12. The three-dimensional screenprinting method as claimed in claim 9, wherein the shaping results in extension and/or compression at least of parts of the wavy structure of the green, which is compensated for by adjusting the wavelength.

13. The three-dimensional screenprinting method as claimed in claim 9, wherein the unshaped green part is essentially cuboidal and the shaping of the green part comprises bending about an axis of curvature, wherein the axis of curvature is in a plane that lies parallel or at an incline relative to a lateral face of the green part.

14. The three-dimensional screenprinting method as claimed in claim 1, wherein the shaping is followed by debindering and sintering, especially under reduced pressure.

15. The three-dimensional screenprinting method as claimed in claim 1, wherein the metal powder used is a metal-containing metal powder, especially a CoNiCrAlY powder.

16. The three-dimensional screenprinting method as claimed in claim 1, wherein the green part is shaped at a pressure between 0.8 and 1.2 bar, especially at 1 bar.
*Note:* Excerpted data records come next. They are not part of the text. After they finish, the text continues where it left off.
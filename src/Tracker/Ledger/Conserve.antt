-- ===== src/Tracker/Ledger/Conserve.antt =====
-- Whole runs of the reporting service of internal/service/service.go.
use xboard_node_win.Common.{
  ℤ, pos, ◌+ℤ◌, ◌≤ℤ◌, int_laws, lookup, int_key, List, [], ◌∷◌, Option, none, some, Bool, ◌≡◌, refl,
  arith, ◌∙◌,
}
use xboard_node_win.Tracker.Totals.{Fits, Fits-less, sum_nonneg, regroup_right, Fits-regroup}
use xboard_node_win.Tracker.Ledger.{
  Ledger, Op, processed, pushed, accepts, refuses, step, run, IsReport, AllReports, seen,
  charged_total, grown, used_by, last_after, used, IsSound,
}
use xboard_node_win.Tracker.Ledger.Steps.{step-Advances, growth_zero_le}

module _ (uid : ℤ) (dir : Bool) where
  used_by_nonneg : (op : Op) (last : ℤ) → IsReport op → pos 0 ≤ℤ used_by uid dir op last
  used_by_nonneg (processed cums alive conns) last report = by_value (lookup uid cums) refl
    where
      by_value : (o : Option (ℤ × ℤ)) → lookup uid cums ≡ o → pos 0 ≤ℤ grown uid dir o last
      by_value none e = omega arith
      by_value (some c) e = growth_zero_le uid dir c last (report.1 uid c e).0 (report.1 uid c e).1
  used_by_nonneg pushed last report = omega arith
  used_by_nonneg accepts last report = omega arith
  used_by_nonneg refuses last report = omega arith

  used_nonneg : (ops : List Op) (last : ℤ) → AllReports ops → pos 0 ≤ℤ used uid dir ops last
  unfolding used
  used_nonneg [] last reports = omega arith
  used_nonneg (op ∷ ops) last reports =
      sum_nonneg (used_by uid dir op last) (used uid dir ops (last_after uid dir op last))
        (used_by_nonneg op last reports.0) (used_nonneg ops (last_after uid dir op last) reports.1)

  -- No traffic of a user is lost and none is counted twice, in either direction. Start where pending
  -- and flying traffic are maps, no total is negative and the last counters are int64 and not
  -- negative; let every report of the kernel be a map of such counters; and let the total fit an
  -- int64. Then after any run of reports, pushes, acceptances and refusals, what the panel has
  -- accepted, what is on its way and what is pending add up to what they were before plus what the
  -- kernel's counters say.
  pub run-conserves :
      (ops : List Op) (l : Ledger)
      → IsSound uid dir l
      → AllReports ops
      → Fits (charged_total uid dir l +ℤ used uid dir ops (seen uid dir l))
      → charged_total uid dir (run ops l)
        ≡ charged_total uid dir l +ℤ used uid dir ops (seen uid dir l)
  unfolding run used
  run-conserves [] l s reports fits = omega int_laws
  run-conserves (op ∷ ops) l s reports fits =
      let u = used_by uid dir op (seen uid dir l) in
      let v = used uid dir ops (last_after uid dir op (seen uid dir l)) in
      let st = step-Advances uid dir op l s reports.0 (
        Fits-less (charged_total uid dir l) u v
          (used_nonneg ops (last_after uid dir op (seen uid dir l)) reports.1) fits) in
      run-conserves ops (step op l) st.0 reports.1
        (rw (st.1, st.2) (Fits-regroup (charged_total uid dir l) u v fits))
      ∙ rw (st.1, st.2) (regroup_right (charged_total uid dir l) u v)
17. The three-dimensional screenprinting method as claimed in claim 1, wherein the green part is shaped at a relative humidity between 60% and 100%, especially at a relative humidity between 80% and 100%.

18. A component producible by a method as claimed in claim 1.

19. The component as claimed in claim 18, wherein it takes the form of a sealing surface, especially of an abradable seal, in a turbo machine or of part of an abradable seal for a turbo machine.

20. The component as claimed in claim 18, wherein the component is at least partly in dish form or in conical form.

21. The component as claimed in claim 18, wherein a radius of curvature of the component is between 50 mm and 2000 mm, especially between 100 and 200 mm.

22. A screenprinting mask for use in at least one of the screenprinting methods as claimed in claim 1.